逻辑成立,方向正确,唯一的问题只剩下一个——现实可行性。
他皱着眉,手指在桌面轻轻敲了两下:
“原理我明白,可问题是,这种东西现在并不常见。懂的人少,能分辨的人更少,更别说还要在技术上动手脚。你确定能做到?”
这句话并不是质疑,而是职业本能。
许忠义看了他一眼,没有解释,也没有保证,只是很淡地笑了笑,那表情像是在说一件再寻常不过的小事。
“你现在不需要懂这些。”
他说,“回去,把家里稳住。只要你们不乱,这盘棋就翻不了桌。”
余则成盯着他看了两秒,最终还是点头。
他很清楚,既然许忠义敢接下这件事,就不会是空口白话。
离开前,他只说了一句:“我等你的消息。

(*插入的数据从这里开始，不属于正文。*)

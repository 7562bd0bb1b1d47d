-- ===== src/Sql.antt =====
-- sql.go: the texts of the statements. Create rewrites a CREATE TABLE statement.
pub mod Quote
pub mod Literal
pub mod Escape
pub mod Create
use doris_sync.Base.{String, ◌<>◌, ◌==◌, Bool, true, false, List, [], ◌∷◌, map, Option, none, some}
use doris_sync.Base.{if◌then◌else◌, not}
use doris_sync.Base.Text.{replace_char, join, str_lt}
use doris_sync.Base.Table.{Table, upsert, lookup, string_key}
use doris_sync.Config.{S3Options}

unfoldable pub ident : String → String
unfolding replace_char
ident s = "`" <> (replace_char b'`' "``" s <> "`")

unfoldable pub qtable : String → String → String
unfolding ident
qtable db table = ident db <> ("." <> ident table)

unfoldable pub sql_literal : String → String
unfolding replace_char
sql_literal s = "'" <> (replace_char b'\'' "''" s <> "'")

unfoldable pub sql_string : String → String
unfolding replace_char
sql_string s = "\"" <> (replace_char b'"' "\\\"" (replace_char b'\\' "\\\\" s) <> "\"")

-- sort.Strings
unfoldable pub insert_text : String → List String → List String
insert_text x [] = x ∷ []
insert_text x (y ∷ ys) = if str_lt y x then y ∷ insert_text x ys else x ∷ y ∷ ys

unfoldable pub sort_texts : List String → List String
unfolding insert_text str_lt
sort_texts [] = []
sort_texts (x ∷ xs) = insert_text x (sort_texts xs)

abbrev Props : Type 0
Props = Table String String

-- A missing key of a map reads as "".
abbrev text_at : String → Props → String
text_at key props = elim (lookup key props) [ none ↦ "" | some value ↦ value ]

unfoldable pub s3_sql_properties : S3Options → Props
unfolding upsert
s3_sql_properties cfg =
    let region : Props = ("s3.region", cfg.region) ∷ [] in
    let located = if cfg.endpoint == "" then region else upsert "s3.endpoint" cfg.endpoint region in
    if cfg.auth_mode == "static"
    then upsert "s3.secret_key" cfg.secret_key (upsert "s3.access_key" cfg.access_key located)
    else if cfg.role_arn == ""
    then located
    else upsert "s3.role_arn" cfg.role_arn located

unfoldable pub sql_properties : Props → String
unfolding sort_texts sql_string lookup
sql_properties props = join ", " (
    map (λ key. sql_string key <> (" = " <> sql_string (text_at key props)))
      (sort_texts (map (λ row. row.0) props)))

unfoldable pub outfile_select_sql : String → String → List String → String → S3Options → String
unfolding ident sql_string s3_sql_properties sql_properties upsert join
outfile_select_sql from uri columns where_clause cfg =
    "SELECT "
    <> (join ", " (map ident columns)
        <> (" FROM "
            <> (from
                <> (where_clause
                    <> (" INTO OUTFILE "
                        <> (sql_string uri
                            <> (" FORMAT AS PARQUET PROPERTIES ("
                                <> (sql_properties (
                                      upsert "max_file_size" cfg.max_file_size
                                        (s3_sql_properties cfg))
                                    <> ")"))))))))

unfoldable pub outfile_where_sql :
    String → String → String → String → List String → String → S3Options → String
unfolding outfile_select_sql qtable ident
outfile_where_sql db table partition uri columns where_clause cfg =
    outfile_select_sql (qtable db table <> (" PARTITION(" <> (ident partition <> ")"))) uri columns
      where_clause cfg

unfoldable pub outfile_sql : String → String → String → String → List String → S3Options → String
unfolding outfile_where_sql
outfile_sql db table partition uri columns cfg =
    outfile_where_sql db table partition uri columns "" cfg

unfoldable pub outfile_table_where_sql :
    String → String → String → List String → String → S3Options → String
unfolding outfile_select_sql qtable
outfile_table_where_sql db table uri columns where_clause cfg =
    outfile_select_sql (qtable db table) uri columns where_clause cfg

unfoldable pub import_labeled_sql :
    String → String → String → List String → String → S3Options → String
unfolding qtable ident join s3_sql_properties sql_properties upsert
import_labeled_sql db table uri columns label cfg =
    let props = upsert "format" "parquet" (upsert "uri" uri (s3_sql_properties cfg)) in
    let quoted = join ", " (map ident columns) in
    "INSERT INTO "
    <> (qtable db table
        <> ((if label == "" then "" else " WITH LABEL " <> ident label)
            <> (" ("
                <> (quoted
                    <> (") SELECT "
                        <> (quoted <> (" FROM s3(" <> (sql_properties props <> ")"))))))))

unfoldable pub import_sql : String → String → String → List String → S3Options → String
unfolding import_labeled_sql
import_sql db table uri columns cfg = import_labeled_sql db table uri columns "" cfg

unfoldable pub overwrite_select_sql :
    String → String → String → String → List String → Bool → S3Options → String
unfolding qtable ident join s3_sql_properties sql_properties upsert
overwrite_select_sql db table partition_clause uri columns empty cfg =
    let quoted = join ", " (map ident columns) in
    let props = upsert "format" "parquet" (upsert "uri" uri (s3_sql_properties cfg)) in
    "INSERT OVERWRITE TABLE "
    <> (qtable db table
        <> (partition_clause
            <> (" ("
                <> (quoted
                    <> (") SELECT "
                        <> (quoted
                            <> (if empty
                                then " FROM " <> (qtable db table <> " WHERE 1 = 0")
                                else " FROM s3(" <> (sql_properties props <> ")"))))))))

unfoldable pub overwrite_sql :
    String → String → String → String → List String → Bool → S3Options → String
unfolding overwrite_select_sql ident
overwrite_sql db table partition uri columns empty cfg =
    overwrite_select_sql db table (" PARTITION(" <> (ident partition <> ")")) uri columns empty cfg

unfoldable pub overwrite_auto_partition_sql :
    String → String → String → List String → S3Options → String
unfolding overwrite_select_sql
overwrite_auto_partition_sql db table uri columns cfg =
    overwrite_select_sql db table " PARTITION(*)" uri columns false cfg

unfoldable pub overwrite_table_sql :
    String → String → String → List String → Bool → S3Options → String
unfolding overwrite_select_sql
overwrite_table_sql db table uri columns empty cfg =
    overwrite_select_sql db table "" uri columns empty cfg
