-- ===== src/Sql/Create.antt =====
-- sql.go: `targetDDL`, which rewrites a CREATE TABLE statement. The matchers of the three regular
-- expressions are parameters.
pub mod Closing
use Prim.Native.Char.{Char, code}
use doris_sync.Base.{
  ℕ, zero, suc, ◌+◌, ◌-◌, String, ◌<>◌, ◌==◌, Bool, true, false, not, ◌&&◌, ◌||◌, Option, none,
  some,
}
use doris_sync.Base.{eqb, is_some, if◌then◌else◌}
use doris_sync.Base.Text.{take_chars, trim_left, trim_space, has_prefix, has_suffix}
use doris_sync.Base.Act.{errorf, Result, ok, err, killed}
use doris_sync.Sql.{qtable}

-- What a pass of the loop ends with: the index is returned, or the loop goes on with an index to
-- skip or not, a quote (0 for none) and a depth.
pub data Step : Type 0 where
  found : Step
  next : Bool → ℕ → ℕ → Step

-- i+1 < len(sql)
abbrev pub has_next : String → Bool
has_next String.[] = false
has_next (String.◌∷◌ c s) = true

-- i+1 < len(sql) && sql[i+1] == quote
abbrev pub starts_with : ℕ → String → Bool
starts_with q String.[] = false
starts_with q (String.◌∷◌ c s) = eqb (code c) q

abbrev is_quote : ℕ → Bool
is_quote c = eqb c b'\'' || eqb c b'"' || eqb c b'`'

-- One pass over a character, with what is behind it.
unfoldable pub pass : ℕ → ℕ → ℕ → String → Step
pass quote depth c behind =
    if not (eqb quote 0)
    then (if eqb c b'\\' && has_next behind
        then Step.next true quote depth
        else if eqb c quote
        then (if starts_with quote behind
            then Step.next true quote depth
            else Step.next false 0 depth)
        else Step.next false quote depth)
    else if is_quote c
    then Step.next false c depth
    else if eqb c b'('
    then Step.next false 0 (depth + 1)
    else if eqb c b')'
    then (if eqb depth 1 then Step.found else Step.next false 0 (depth - 1))
    else Step.next false 0 depth

-- The loop, from an index on.
unfoldable pub scan : Bool → ℕ → ℕ → ℕ → String → Option ℕ
scan skip quote depth i String.[] = none
scan true quote depth i (String.◌∷◌ c s) = scan false quote depth (suc i) s
scan false quote depth i (String.◌∷◌ c s) = elim (pass quote depth (code c) s) [
  | Step.found ↦ some i
  | Step.next skip q d ↦ scan skip q d (suc i) s
]

-- The index of the parenthesis that closes the one at the start of a text.
unfoldable pub closing_paren : String → Result ℕ
closing_paren sql = elim (scan false 0 0 0 sql) [
  | none ↦ err (errorf "unclosed parenthesis in AUTO PARTITION clause")
  | some i ↦ ok i
]

unfoldable pub drop_chars : ℕ → String → String
drop_chars zero s = s
drop_chars (suc n) String.[] = ""
drop_chars (suc n) (String.◌∷◌ c s) = drop_chars n s

-- strings.IndexByte: a text up to a character, and from it on.
unfoldable pub cut_at : ℕ → String → Option (String × String)
cut_at x String.[] = none
cut_at x (String.◌∷◌ c s) =
    let rest = cut_at x s in
    if eqb (code c) x
    then some ("", String.◌∷◌ c s)
    else elim rest [ none ↦ none | some (head, tail) ↦ some (String.◌∷◌ c head, tail) ]

abbrev is_blank : ℕ → Bool
is_blank c = eqb c b' ' || eqb c b'\n' || eqb c b'\r' || eqb c b'\t'

-- The blanks at the start of a text.
unfoldable pub blanks : String → String
blanks String.[] = ""
blanks (String.◌∷◌ c s) = let rest = blanks s in if is_blank (code c) then String.◌∷◌ c rest else ""

-- The first match of a pattern: what is behind createPrefix; a text up to the end of
-- autoPartitionClause, and the rest; a text up to distributionClause, and from it on.
pub record Patterns : Type 0 where
  pub create_prefix : String → Option String
  pub auto_partition : String → Option (String × String)
  pub distribution : String → Option (String × String)

module _ (patterns : Patterns) where
  -- The definitions, up to the distribution, give way to `()`.
  unfoldable pub without_definitions : String → String → Result String
  without_definitions kept on =
      if not (starts_with b'(' on)
      then err (errorf "AUTO PARTITION definitions are missing")
      else elim (patterns.distribution on) [
        | none ↦ err (errorf "AUTO PARTITION definitions have no DISTRIBUTED BY boundary")
        | some (before, clause) ↦
            let definitions = trim_space before in
            if not (has_prefix definitions "(") || not (has_suffix definitions ")")
            then err (errorf "unexpected AUTO PARTITION definitions")
            else ok (kept <> ("()\n" <> clause))
      ]

  -- From the parenthesis of the expression on, behind what is kept.
  unfoldable pub behind_expression : String → String → Result String
  behind_expression kept expression = elim (closing_paren expression) [
    | err e ↦ err e
    | killed ↦ killed
    | ok end ↦
        let behind = drop_chars (suc end) expression in
        without_definitions (kept <> (take_chars (suc end) expression <> blanks behind))
          (trim_left is_blank behind)
  ]

  unfoldable pub omit_auto_partition_definitions : String → Result String
  omit_auto_partition_definitions ddl = elim (patterns.auto_partition ddl) [
    | none ↦ ok ddl
    | some (head, tail) ↦ elim (cut_at b'(' tail) [
      | none ↦ err (errorf "AUTO PARTITION expression is missing")
      | some (gap, expression) ↦ behind_expression (head <> gap) expression
    ]
  ]

  unfoldable pub target_ddl : String → String → String → Result String
  target_ddl ddl db table = elim (patterns.create_prefix ddl) [
    | none ↦ err (errorf "unsupported SHOW CREATE TABLE result")
    | some rest ↦ omit_auto_partition_definitions ("CREATE TABLE " <> (qtable db table <> rest))
  ]
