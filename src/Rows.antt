-- ===== src/Rows.antt =====
-- database.go: how a row of a result becomes a map from headers to values.
pub mod Headers
use doris_sync.Base.{String, ◌≡◌, refl, Option, none, some, List, [], ◌∷◌, false}
use doris_sync.Base.Text.{to_lower, replace_char}
use doris_sync.Base.Table.{Table, upsert, string_key}

-- A row of a result as the driver gives it, NULL as `none`, and the map that the code keeps.
abbrev pub RawRow : Type 0
RawRow = List (String × Option String)

abbrev pub Row : Type 0
Row = Table String String

unfoldable pub normalize_header : String → String
unfolding to_lower replace_char
normalize_header s = to_lower (replace_char b' ' "" (replace_char b'_' "" s))

unfoldable pub scan_row : RawRow → Row → Row
unfolding normalize_header upsert
scan_row [] entry = entry
scan_row ((header, none) ∷ cells) entry = scan_row cells entry
scan_row ((header, some value) ∷ cells) entry =
    scan_row cells (upsert (normalize_header header) value entry)

unfoldable pub scan_rows : List RawRow → List Row
unfolding scan_row
scan_rows [] = []
scan_rows (row ∷ rows) = scan_row row [] ∷ scan_rows rows
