-- ===== src/FlowGraph/PostFilter.antt =====
-- The flow graph examples/SAT/reference/Reference Implementation/dcct_post_filter.py: its variables,
-- the parameters of its blocks that depend on them, and its setters.
pub mod Setters
pub mod Steps
pub mod Sync
pub mod Restart
use gr_digitizers.Prelude.{ℕ, List, [], ◌∷◌}
use gr_digitizers.Prelude.Result.{Result, ok, err, ◌>>=◌}
use gr_digitizers.FlowGraph.Arith.{Arith}

-- The variables that no other variable determines.
pub record Variables (V : Type 0) : Type 0 where
  pub sqrt2 : V
  pub samp_rate : V
  pub freq_max : V
  pub pi : V
  pub freq_min : V
  pub decimate : V

-- The others.
pub record Derived (V : Type 0) : Type 0 where
  pub freq_max_corr : V
  pub ts : V
  pub two_pi : V
  pub alpha_low : V
  pub alpha : V

-- The parameters of the blocks, by the block's name: taps, rates, the upper ends of the frequency
-- ranges, and the decimations. The size of the time sink is set when it is made.
pub record Blocks (V : Type 0) : Type 0 where
  pub single_pole_iir_filter_xx_0_1 : V
  pub single_pole_iir_filter_xx_0_0 : V
  pub single_pole_iir_filter_xx_0 : V
  pub time_sink_size : V
  pub time_sink_rate : V
  pub freq_sink_x_0_0 : V
  pub freq_sink_x_0 : V
  pub throttle : V
  pub sig_source_x_0_0 : V
  pub sig_source_x_0 : V
  pub keep_one_in_n_0_0 : V
  pub keep_one_in_n_0 : V

pub record TopBlock (V : Type 0) : Type 0 where
  pub vars : Variables V
  pub derived : Derived V
  pub blocks : Blocks V

module _ {V : Type 0} (N : Arith V) where
  -- The values that `__init__` begins with.
  abbrev pub defaults : Variables V
  defaults = record {
    sqrt2 = N.decimal 14142135623731 13;
    samp_rate = N.num 100000;
    freq_max = N.num 2000;
    pi = N.decimal 314159265359 11;
    freq_min = N.num 30;
    decimate = N.num 200;
  }

  abbrev pub corrected : V → V → Result V
  corrected freq_max sqrt2 = N.div freq_max (N.mul (N.num 2) (N.sub sqrt2 (N.num 1)))

  abbrev pub period : V → Result V
  period samp_rate = N.div (N.decimal 10 1) samp_rate

  -- `TWO_PI*Ts*f/(TWO_PI*Ts*f+1)`
  abbrev pub weight : V → V → V → Result V
  weight two_pi ts f =
      N.div (N.mul (N.mul two_pi ts) f) (N.add (N.mul (N.mul two_pi ts) f) (N.num 1))

  -- `__init__`, with other values for the variables.
  unfoldable pub init : Variables V → Result (TopBlock V)
  init v = do
    freq_max_corr ← corrected v.freq_max v.sqrt2
    ts ← period v.samp_rate
    let two_pi = N.mul (N.num 2) v.pi
    alpha_low ← weight two_pi ts v.freq_min
    alpha ← weight two_pi ts freq_max_corr
    bandwidth ← N.div v.samp_rate v.decimate
    ok record {
      vars = v;
      derived = record {
        freq_max_corr = freq_max_corr;
        ts = ts;
        two_pi = two_pi;
        alpha_low = alpha_low;
        alpha = alpha;
      };
      blocks = record {
        single_pole_iir_filter_xx_0_1 = alpha_low;
        single_pole_iir_filter_xx_0_0 = alpha;
        single_pole_iir_filter_xx_0 = alpha;
        time_sink_size = v.samp_rate;
        time_sink_rate = v.samp_rate;
        freq_sink_x_0_0 = bandwidth;
        freq_sink_x_0 = v.samp_rate;
        throttle = v.samp_rate;
        sig_source_x_0_0 = v.samp_rate;
        sig_source_x_0 = v.samp_rate;
        keep_one_in_n_0_0 = v.decimate;
        keep_one_in_n_0 = v.decimate;
      };
    }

”
门关上之后,办公室里重新恢复安静。
许忠义没有立刻行动,而是坐回原位,把整条线在脑子里重新拆了一遍。
关键点不在翠平,不在余则成,甚至不在那个女探子本身,而在“证据”这两个字上。
要毁掉一份证据,最好的方式不是否认内容,而是让它本身站不住脚。
他需要一段“可被验证存在剪辑痕迹”的录音,而且必须和情报站内部的人物产生关联。
张远,这个名字很自然地浮了出来。
李涯死后,这个人被推到了台前,既新,又不够干净;既被信任,又缺乏根基。只要牵扯上他,后续的解释空间就会被无限放大。